One question is whether or not to follow 302 requests. While this is ordinarily useful, the new DNS behavior means that it could be troublesome. Follow a 302 and you may end up at Site Finder, trying to parse HTML in an XML parser. This may be a good place to insert Site Finder recognition into the application; redirects to that site can be mapped to an unknown host error; all other redirects can be followed.

Conclusions

The changes that VeriSign made to the .com and .net domains will make it harder to diagnose errors in the URLs used by programs to access web services. However, there was always a chance that an incorrect URL would lead to a confusing error message from the underlying protocol stack. Protocol stacks and client-side applications can be written to handle such errors in a way that makes diagnosis easier; doing so has broader benefits than just addressing the recent DNS changes.

These changes have not helped web services, or any other distributed application protocol. If they return, we are going to have to get used to "Connection refused" and HTTP error code 302 responses as cues for nonexistent hosts. This is going to lead to more support calls, and perhaps some coding to translate these cues into end user messages. Needless to say, VeriSign is not offering to pay for these costs incurred by its actions.

On October 3, ICANN got VeriSign to "temporarily suspend" the Site Finder service, under the threat of legal action from a breach of contract. With any luck, it will stay suspended, though as review boards and lawyers get involved, it will be hard to be sure.

The amount of traffic to the Site Finder site has propelled it to a top ten Internet site, so the kickback from funded links in the search terms is potentially huge. The thought of all that found money will deafen VeriSign's ears to complaints from the developer and networking community. Unfortunately that money probably used to go to AOL, MSN, Earthlink, and Microsoft. I do not see these organizations quietly giving up all this money. As well as the legal path, they have some technical options:

  1. Patch their DNS servers to ignore wildcards on the .net and .com domains.

  2. Patch their DNS servers to forward to ISP-specific search engines

  3. Patch their web browsers or proxies to recognize a Site Finder redirect and redirect it to their own search engines.

VeriSign could do nothing about options (1) and (2). Option three is most easily achieved by the web browser vendor, which means Microsoft. MS could patch IE over the Windows Update mechanism and effectively deny VeriSign 90% of their potential audience. This would destroy VeriSign's justification for the changes and encourage it to revert to an RFC-compliant implementation of DNS. More likely, VeriSign would try and change their redirect URLs to get past the patch, leading to an ongoing patch-war between the effective owners of DNS and the effective owners of the web browser.
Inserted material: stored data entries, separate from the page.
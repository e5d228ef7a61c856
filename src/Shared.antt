-- ===== src/Shared.antt =====
-- packages/shared/src/index.ts: the data types that the services share. Optional fields are
-- `Option`; instants are milliseconds since the epoch.
pub mod Exams
pub mod Proctoring
pub mod Checks
pub mod Submissions
pub mod Invites
use big_project.Common.{ℕ, String, Bool, Option}

pub data UserRole : Type 0 where
  admin organization proctor candidate : UserRole

pub UserRole-discrete : Discrete UserRole
UserRole-discrete = hlevel

pub record Organization : Type 0 where
  pub id : String
  pub name : String
  pub join_code : Option String
  pub created_at : ℕ

pub record User : Type 0 where
  pub id : String
  pub email : String
  pub name : String
  pub role : UserRole
  pub organization_id : Option String
  pub created_at : ℕ

-- A missing `passwordChangeRequired` is `false`: the source only tests its truth.
pub record AuthSession : Type 0 where
  pub token : String
  pub user : User
  pub organization : Organization
  pub password_change_required : Bool
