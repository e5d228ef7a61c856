-- ===== src/Auth/Table.antt =====
-- The user rows of the database, as the services use them, and the table interface. The laws are
-- what the database client documents of unique keys and of an update by identifier.
use big_project.Common.{ℕ, String, ◌≡◌, ◌≢◌, Bool, Option, some}
use big_project.Shared.{UserRole}

pub record OrganizationRow : Type 0 where
  pub id : String
  pub name : String
  pub join_code : String
  pub created_at : ℕ

-- A row, with the organization that `include` joins to it.
pub record UserRow : Type 0 where
  pub id : String
  pub email : String
  pub name : String
  pub role : UserRole
  pub organization_id : Option String
  pub organization : Option OrganizationRow
  pub password_hash : String
  pub failed_login_attempts : ℕ
  pub locked_until : Option ℕ
  pub password_changed_at : Option ℕ
  pub password_change_required : Bool
  pub created_at : ℕ

-- What every update of the services keeps: the row's keys.
abbrev pub Keeps : (UserRow → UserRow) → Type 0
Keeps f = (v : UserRow) → ((f v).id ≡ v.id) × ((f v).email ≡ v.email)

pub record UserTable : Type 1 where
  pub Db : Type 0
  pub find_by_id : Db → String → Option UserRow
  pub find_by_email : Db → String → Option UserRow
  pub update : Db → String → (UserRow → UserRow) → Db
  pub find-id : (db : Db) (i : String) (u : UserRow) → find_by_id db i ≡ some u → u.id ≡ i
  -- A row found by email is the row of its identifier.
  pub unique_email :
      (db : Db) (email : String) (u : UserRow)
      → find_by_email db email ≡ some u
      → find_by_id db u.id ≡ some u
  -- An update changes the row of its identifier alone.
  pub find-update :
      (db : Db) (id : String) (f : UserRow → UserRow) (u : UserRow)
      → Keeps f
      → find_by_id db id ≡ some u
      → find_by_id (update db id f) id ≡ some (f u)
  pub find-update_other :
      (db : Db) (id j : String) (f : UserRow → UserRow)
      → id ≢ j
      → find_by_id (update db id f) j ≡ find_by_id db j
  pub email-update :
      (db : Db) (email : String) (f : UserRow → UserRow) (u : UserRow)
      → Keeps f
      → find_by_email db email ≡ some u
      → find_by_email (update db u.id f) email ≡ some (f u)
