-- ===== src/JsMap.antt =====
-- `Map<string, V>` of the language: entries in insertion order. `set` on a present key keeps its
-- place, and on a new one appends; `delete` removes the entry of the key.
use big_project.Common.{
  ◌+◌, ◌≤◌, String, ◌≡◌, refl, sym, subst, ◌⊎◌, inl, inr, Bool, true, false, Option, none, some,
  List, [], ◌∷◌, arith, eq_iff, eq_refl, ◌=ₛ◌, if◌then◌else◌, Bool-cases, length, filter, All,
}

module _ {ℓ} {V : Type ℓ} where
  unfoldable pub get : String → List (String × V) → Option V
  get key [] = none
  get key ((name, value) ∷ rest) = if name =ₛ key then some value else get key rest

  unfoldable pub set : String → V → List (String × V) → List (String × V)
  set key new [] = (key, new) ∷ []
  set key new ((name, value) ∷ rest) =
      if name =ₛ key then (name, new) ∷ rest else (name, value) ∷ set key new rest

  unfoldable pub delete : String → List (String × V) → List (String × V)
  delete k [] = []
  delete k ((j, w) ∷ m) = if j =ₛ k then m else (j, w) ∷ delete k m

  abbrev pub has : String → List (String × V) → Bool
  has k [] = false
  has k ((j, w) ∷ m) = if j =ₛ k then true else has k m

  -- A map has one entry for each key.
  abbrev pub IsMap : List (String × V) → Type ℓ
  IsMap [] = Unit
  IsMap ((j, w) ∷ m) = (get j m ≡ none) × IsMap m

  -- Reading a key after writing one.
  pub get-set :
      (key other : String) (value : V) (entries : List (String × V))
      → get other (set key value entries) ≡ (if key =ₛ other then some value else get other entries)
  unfolding get set
  get-set key other value [] = refl
  get-set key other value ((name, old) ∷ rest) =
      ground
        (arith, get-set key other value rest, eq_iff name key, eq_iff name other, eq_iff key other)

  pub set-IsMap : (k : String) (v : V) (m : List (String × V)) → IsMap m → IsMap (set k v m)
  unfolding set
  set-IsMap k v [] h = (unfold get in refl, tt)
  set-IsMap k v ((i, w) ∷ m) h =
      ground (arith, eq_iff i k, eq_iff k i, get-set k i v m, set-IsMap k v m h.1)

  pub get-delete :
      (k j : String) (m : List (String × V))
      → IsMap m
      → get j (delete k m) ≡ (if k =ₛ j then none else get j m)
  unfolding get delete
  get-delete k j [] h = ground arith
  get-delete k j ((i, w) ∷ m) h =
      ground (arith, eq_iff k j, eq_iff i k, eq_iff i j, get-delete k j m h.1)

  pub delete-IsMap : (k : String) (m : List (String × V)) → IsMap m → IsMap (delete k m)
  unfolding delete
  delete-IsMap k [] h = tt
  delete-IsMap k ((i, w) ∷ m) h = ground (arith, get-delete k i m h.1, delete-IsMap k m h.1)

  pub length-set-le :
      (k : String) (v : V) (m : List (String × V)) → length (set k v m) ≤ length m + 1
  unfolding set
  length-set-le k v [] = omega arith
  length-set-le k v ((i, w) ∷ m) = ground (arith, length-set-le k v m)

  -- Dropping the entries whose value fails a test.
  pub get-filter :
      (p : String × V → Bool) (k : String) (m : List (String × V))
      → IsMap m
      → (get k (filter p m) ≡ none) ⊎ (get k (filter p m) ≡ get k m)
  unfolding get
  get-filter p k [] h = ground arith
  get-filter p k ((i, w) ∷ m) h = ground (arith, eq_iff i k, get-filter p k m h.1)

  pub filter-IsMap : (p : String × V → Bool) (m : List (String × V)) → IsMap m → IsMap (filter p m)
  filter-IsMap p [] h = tt
  filter-IsMap p ((i, w) ∷ m) h = ground (arith, get-filter p i m h.1, filter-IsMap p m h.1)

module _ {ℓ κ} {V : Type ℓ} (P : String × V → Type κ) where
  pub set-All :
      (k : String) (v : V) (m : List (String × V)) → P (k, v) → All P m → All P (set k v m)
  unfolding set
  set-All k v [] p h = (p, tt)
  set-All k v ((j, w) ∷ m) p h = elim (Bool-cases (j =ₛ k)) [
    | inl e ↦ rw e (subst (λ i. P (i, v)) (sym ((eq_iff j k).0 e)) p, h.1)
    | inr e ↦ rw e (h.0, set-All k v m p h.1)
  ]

  pub get-All : (k : String) (m : List (String × V)) (v : V) → All P m → get k m ≡ some v → P (k, v)
  unfolding get
  get-All k [] v h e = cc
  get-All k ((j, w) ∷ m) v h e = elim (Bool-cases (j =ₛ k)) [
    | inl q ↦ subst P (cc ((eq_iff j k).0 q)) h.0
    | inr q ↦ get-All k m v h.1 (rw (q, get) at e)
  ]

-- Every entry of a map is what the map holds under its key.
module _ {ℓ} {V : Type ℓ} where
  abbrev pub IsFound : List (String × V) → String × V → Type ℓ
  IsFound m e = get e.0 m ≡ some e.1

  -- An entry found elsewhere is still found behind an entry of another key.
  pub IsFound-cons :
      (k : String) (v : V) (m es : List (String × V))
      → get k es ≡ none
      → All (IsFound m) es
      → All (IsFound ((k, v) ∷ m)) es
  unfolding get
  IsFound-cons k v m [] absent h = tt
  IsFound-cons k v m ((j, w) ∷ es) absent h = (
    ground (arith, eq_iff j k, eq_iff k j),
    IsFound-cons k v m es (ground (arith, eq_iff j k)) h.1,
  )

  pub IsMap-IsFound : (m : List (String × V)) → IsMap m → All (IsFound m) m
  IsMap-IsFound [] d = tt
  IsMap-IsFound ((k, v) ∷ m) d =
      (unfold get in (ground (arith, eq_refl k)), IsFound-cons k v m m d.0 (IsMap-IsFound m d.1))

  pub IsFound-delete :
      (k : String) (m es : List (String × V))
      → IsMap m
      → get k es ≡ none
      → All (IsFound m) es
      → All (IsFound (delete k m)) es
  unfolding get
  IsFound-delete k m [] d absent h = tt
  IsFound-delete k m ((j, w) ∷ es) d absent h = (
    ground (arith, get-delete k j m d, eq_iff j k, eq_iff k j),
    IsFound-delete k m es d (ground (arith, eq_iff j k)) h.1,
  )
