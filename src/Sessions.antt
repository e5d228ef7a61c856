-- ===== src/Sessions.antt =====
-- apps/api/src/services/auth-session-registry.ts: `AuthSessionRegistry`. The timers of the runtime
-- are part of the state: `set_timeout` adds a pending timer under a fresh number, `clear_timeout`
-- drops it, and `fire` is a timer that has come due. The listener's calls are a log, newest last.
-- Each operation reads the clock once, as the argument `now`.
pub mod Rules
pub mod Reads
pub mod Lifetime
pub mod Revocation
pub mod Timers
mod Tests
use big_project.Common.{
  ℕ, zero, suc, ◌+◌, ◌-◌, ◌*◌, ◌/◌, ◌%◌, ◌≤◌, ◌<◌, min, max, String, ◌≡◌, refl, sym, ap, subst, ◌∙◌,
  ◌≢◌, ◌↔◌, ◌⊎◌, inl, inr, Bool, true, false, not, ◌&&◌, ◌||◌, Option, none, some, List, [], ◌∷◌,
  ◌++◌, map, arith, eq_iff, eq_refl, ◌=ₛ◌, ltb, leb, ◌==◌, if◌then◌else◌, ltb→lt, lt→ltb, le→leb,
  Bool-cases, Option-cases, length, find, filter, any, all, head?, length-append, length-filter-le,
  find-passes, All, All-append, All-filter, is_empty, before, includes_char,
}
use big_project.JsMap
use big_project.Shared.{AuthSession}

pub record StoredSession : Type 0 where
  pub session : AuthSession
  pub created_at : ℕ
  pub last_seen_at : ℕ
  pub expiry_timer : ℕ

pub record Timer : Type 0 where
  pub id : ℕ
  pub token : String
  pub due : ℕ

pub record Registry : Type 0 where
  pub sessions : List (String × StoredSession)
  pub absolute_ttl_ms : ℕ
  pub idle_ttl_ms : ℕ
  pub timers : List Timer
  pub next_timer : ℕ
  pub revoked : List AuthSession

-- `ABSOLUTE_TTL_MS` and `IDLE_TTL_MS`, the defaults of the constructor.
abbrev pub default_absolute_ttl_ms : ℕ
default_absolute_ttl_ms = 8 * 60 * 60 * 1000

abbrev pub default_idle_ttl_ms : ℕ
default_idle_ttl_ms = 30 * 60 * 1000

unfoldable pub init : Option ℕ → Option ℕ → Registry
init absolute idle = record {
  sessions = [];
  absolute_ttl_ms = elim absolute [ none ↦ default_absolute_ttl_ms | some ms ↦ ms ];
  idle_ttl_ms = elim idle [ none ↦ default_idle_ttl_ms | some ms ↦ ms ];
  timers = [];
  next_timer = 0;
  revoked = [];
}

abbrev pub clear_timeout : ℕ → List Timer → List Timer
clear_timeout id = filter (λ t. not (t.id == id))

abbrev pub clear_previous : Option ℕ → List Timer → List Timer
clear_previous none ts = ts
clear_previous (some id) ts = clear_timeout id ts

abbrev pub expires_at : Registry → ℕ → ℕ → ℕ
expires_at r created seen = min (created + r.absolute_ttl_ms) (seen + r.idle_ttl_ms)

-- `Math.max(0, expiresAt - now)` from now on is the later of the two.
unfoldable pub store : Registry → ℕ → String → AuthSession → ℕ → ℕ → Option ℕ → Registry
store r now token session created seen previous = record r {
  sessions =
      JsMap.set token
        (record {
          session = session;
          created_at = created;
          last_seen_at = seen;
          expiry_timer = r.next_timer;
        })
        r.sessions;
  timers =
      record { id = r.next_timer; token = token; due = now + (expires_at r created seen - now) }
      ∷ clear_previous previous r.timers;
  next_timer = r.next_timer + 1;
}

-- `!this.sessions.delete(token)` cannot hold where the token was found.
unfoldable pub delete : Registry → String → Registry × Option AuthSession
delete r token = elim (JsMap.get token r.sessions) [
  | none ↦ (r, none)
  | some stored ↦ (
    record r {
      sessions = JsMap.delete token r.sessions;
      timers = clear_timeout stored.expiry_timer r.timers;
      revoked = r.revoked ++ stored.session ∷ [];
    },
    some stored.session,
  )
]

-- Whether one of the two lifetimes has run out.
abbrev pub is_over : Registry → ℕ → StoredSession → Bool
is_over r now stored =
    leb (stored.created_at + r.absolute_ttl_ms) now || leb (stored.last_seen_at + r.idle_ttl_ms) now

unfoldable pub get : Registry → ℕ → String → Registry × Option AuthSession
unfolding store delete
get r now token = elim (JsMap.get token r.sessions) [
  | none ↦ (r, none)
  | some stored ↦ if is_over r now stored then ((delete r token).0, none) else (
    store r now token stored.session stored.created_at now (some stored.expiry_timer),
    some stored.session,
  )
]

unfoldable pub set : Registry → ℕ → String → AuthSession → Registry
unfolding store
set r now token session = elim (JsMap.get token r.sessions) [
  | none ↦ store r now token session now now none
  | some stored ↦ store r now token session stored.created_at now (some stored.expiry_timer)
]

-- The loop of `revokeUser` over the entries that were there when it began.
unfoldable pub revoke_entries :
    String → List (String × StoredSession) → Registry → Registry × List AuthSession
unfolding delete
revoke_entries user_id [] r = (r, [])
revoke_entries user_id ((token, stored) ∷ rest) r =
    let skip = revoke_entries user_id rest r in
    let drop = revoke_entries user_id rest (delete r token).0 in
    if stored.session.user.id =ₛ user_id then (drop.0, stored.session ∷ drop.1) else skip

unfoldable pub revoke_user : Registry → String → Registry × List AuthSession
unfolding revoke_entries
revoke_user r user_id = revoke_entries user_id r.sessions r

unfoldable pub expire : Registry → ℕ → String → Registry
unfolding store delete
expire r now token = elim (JsMap.get token r.sessions) [
  | none ↦ r
  | some stored ↦
      if is_over r now stored
      then (delete r token).0
      else store r now token stored.session stored.created_at stored.last_seen_at
          (some stored.expiry_timer)
]

-- A pending timer that has come due leaves the pending ones and calls `expire`.
unfoldable pub fire : Registry → ℕ → Timer → Registry
unfolding expire
fire r now timer = expire (record r { timers = clear_timeout timer.id r.timers }) now timer.token

-- What may happen to a registry.
pub data Call : Type 0 where
  gets : String → Call
  sets : String → AuthSession → Call
  deletes : String → Call
  revokes : String → Call
  fires : Timer → Call

unfoldable pub step : Registry → ℕ → Call → Registry
unfolding get set delete revoke_user fire
step r now (gets token) = (get r now token).0
step r now (sets token session) = set r now token session
step r now (deletes token) = (delete r token).0
step r now (revokes user_id) = (revoke_user r user_id).0
step r now (fires timer) = fire r now timer

-- The calls of a history, each with its time.
unfoldable pub run : Registry → List (ℕ × Call) → Registry
run r [] = r
run r ((now, c) ∷ calls) = run (step r now c) calls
Anyone hard-coding Site Finder workarounds into their own programs would be victims of such a battle.

If there is one saving grace with web services, it is that users have the option of pasting the target URL into a browser to see what is going wrong. To make this simple, developers of web service protocol stacks and applications need to ensure that the target URL is included in all error reports, and that GET queries of all endpoints return some meaningful information.